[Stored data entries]
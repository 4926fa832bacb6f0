-- ===== src/ShareModes/Runs.antt =====
-- Histories of the table, for any interleaving of the connections' calls.
use gosamba.Prelude.{
  ℕ, ◌≡◌, refl, ◌≢◌, inl, inr, Bool, true, false, ◌==◌, arith, List, [], ◌∷◌, Option, none, some,
  any, Apart, Elem, All-Elem, Elem-of_any, Bool-cases, ◌∙◌,
}
use gosamba.Prelude.Assoc.{get?, get?-delete, nat_key}
use gosamba.Locks.Range.{FileKey, file_key}
use gosamba.ShareModes.{
  ShareModeEntry, ShareModeTable, ShareWaiter, new_share_mode_table, share_conflict, entries_at,
  Stat, acquire_locked, acquire_or_wait, or_wait, register_waiter_locked, release, release_at,
  wake_locked, transfer, unwait, waiters_at,
}
use gosamba.ShareModes.Conflict.{share_conflict_comm}
use gosamba.ShareModes.Sweep.{of_owner}
use gosamba.ShareModes.Invariant.{IsValid}
use gosamba.ShareModes.Admit.{acquire_locked-IsValid}
use gosamba.ShareModes.Dispose.{release-IsValid}
use gosamba.ShareModes.Renamed.{transfer-IsValid}

-- One call. `fstat` may answer anything at each call, and a handle that takes over a reservation is
-- new.
pub data Step : ShareModeTable → ShareModeTable → Type 0 where
  acquires :
      (t : ShareModeTable) (stat : Stat) (key : FileKey) (o desired share : ℕ)
      → Step t (acquire_or_wait stat t key o desired share).0
  releases : (t : ShareModeTable) (o : ℕ) → Step t (release t o)
  transfers :
      (t : ShareModeTable) (from to : ℕ) → get? to t.owners ≡ none → Step t (transfer t from to)
  unwaits : (t : ShareModeTable) (w : ShareWaiter) → Step t (unwait t w)

pub data Reach (s : ShareModeTable) : ShareModeTable → Type 0 where
  here : Reach s s
  next : {t u : ShareModeTable} → Reach s t → Step t u → Reach s u

-- The waiters play no part in the invariant.
same_files :
    (t t' : ShareModeTable) → t'.by_file ≡ t.by_file → t'.owners ≡ t.owners → IsValid t → IsValid t'
unfolding entries_at
same_files t t' e f v = record {
  compatible = rw e v.compatible;
  single = rw e v.single;
  registered = rw (e, f) v.registered;
  present = rw (e, f) v.present;
}

or_wait-IsValid :
    (key : FileKey) (r : ShareModeTable × Bool) → IsValid r.0 → IsValid (or_wait key r).0
unfolding register_waiter_locked
or_wait-IsValid key (t, true) v = v
or_wait-IsValid key (t, false) v = same_files t _ refl refl v

unwait-IsValid : (t : ShareModeTable) (w : ShareWaiter) → IsValid t → IsValid (unwait t w)
unfolding unwait
unwait-IsValid t w v = elim (Bool-cases (any (λ x. x.channel == w.channel) (waiters_at w.key t))) [
  | inl e ↦ rw e (same_files t _ refl refl v)
  | inr e ↦ rw e v
]

Step-IsValid : {t u : ShareModeTable} → Step t u → IsValid t → IsValid u
unfolding acquire_or_wait
Step-IsValid (acquires t stat key o desired share) v =
    or_wait-IsValid key (acquire_locked stat t key o desired share)
      (acquire_locked-IsValid stat t key o desired share v)
Step-IsValid (releases t o) v = release-IsValid t o v
Step-IsValid (transfers t from to free) v = transfer-IsValid t from to free v
Step-IsValid (unwaits t w) v = unwait-IsValid t w v

-- Every history keeps the table well formed: the entries of a file are compatible, a handle has one
-- entry on one file, and the reverse index names exactly the handles that have an entry.
pub Reach-IsValid : {t : ShareModeTable} → Reach new_share_mode_table t → IsValid t
unfolding entries_at get?
Reach-IsValid here = record {
  compatible = λ key. tt;
  single = λ key. tt;
  registered = λ key e i. elim i [ ];
  present = λ key o h. cc;
}
Reach-IsValid (next r s) = Step-IsValid s (Reach-IsValid r)

Apart-Elem :
    (a b : ShareModeEntry) (es : List ShareModeEntry)
    → Apart share_conflict es
    → Elem a es
    → Elem b es
    → a.owner ≢ b.owner
    → share_conflict a b ≡ false
Apart-Elem a b [] x i j ne = elim i [ ]
Apart-Elem a b (e ∷ es) x (inl p) (inl q) ne = absurd (ne (ground arith))
Apart-Elem a b (e ∷ es) x (inl p) (inr j) ne =
    rw (← p) (All-Elem (λ y. share_conflict e y ≡ false) b es x.0 j)
Apart-Elem a b (e ∷ es) x (inr i) (inl q) ne =
    share_conflict_comm a b ∙ rw (← q) (All-Elem (λ y. share_conflict e y ≡ false) a es x.0 i)
Apart-Elem a b (e ∷ es) x (inr i) (inr j) ne = Apart-Elem a b es x.1 i j ne

-- After any history, no two handles hold conflicting reservations on one file.
pub Reach-compatible :
    (t : ShareModeTable) (key : FileKey) (a b : ShareModeEntry)
    → Reach new_share_mode_table t
    → Elem a (entries_at key t)
    → Elem b (entries_at key t)
    → a.owner ≢ b.owner
    → share_conflict a b ≡ false
Reach-compatible t key a b r i j ne =
    Apart-Elem a b (entries_at key t) ((Reach-IsValid r).compatible key) i j ne

pub released_owner :
    (t : ShareModeTable) (o : ℕ) (k : Option FileKey)
    → get? o t.owners ≡ k
    → get? o (release_at t o k).owners ≡ none
unfolding release_at wake_locked
released_owner t o none e = e
released_owner t o (some key) e = ground (arith, get?-delete o o t.owners)

no_entry :
    (t : ShareModeTable) (o : ℕ) (key : FileKey)
    → IsValid t
    → get? o t.owners ≡ none
    → any (of_owner o) (entries_at key t) ≡ false
no_entry t o key v free = elim (Bool-cases (any (of_owner o) (entries_at key t))) [
  | inr none_ ↦ none_
  | inl found ↦
      let (e, i, h) = Elem-of_any (of_owner o) (entries_at key t) found in
      ground (arith, v.registered key e i)
]

-- After any history, releasing a handle leaves it without a reservation and without an entry on any
-- file, whether or not it had one.
pub release_frees :
    (t : ShareModeTable) (o : ℕ)
    → Reach new_share_mode_table t
    → (get? o (release t o).owners ≡ none)
      × ((key : FileKey) → any (of_owner o) (entries_at key (release t o)) ≡ false)
unfolding release
release_frees t o r =
    let free = released_owner t o (get? o t.owners) refl in
    (
      free,
      λ key.
          no_entry (release_at t o (get? o t.owners)) o key
            (unfold release in release-IsValid t o (Reach-IsValid r)) free,
    )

**Activity**
Within the data above, count the lines that contain the string "desired"; the reply is the number alone.

**Result of the task**
5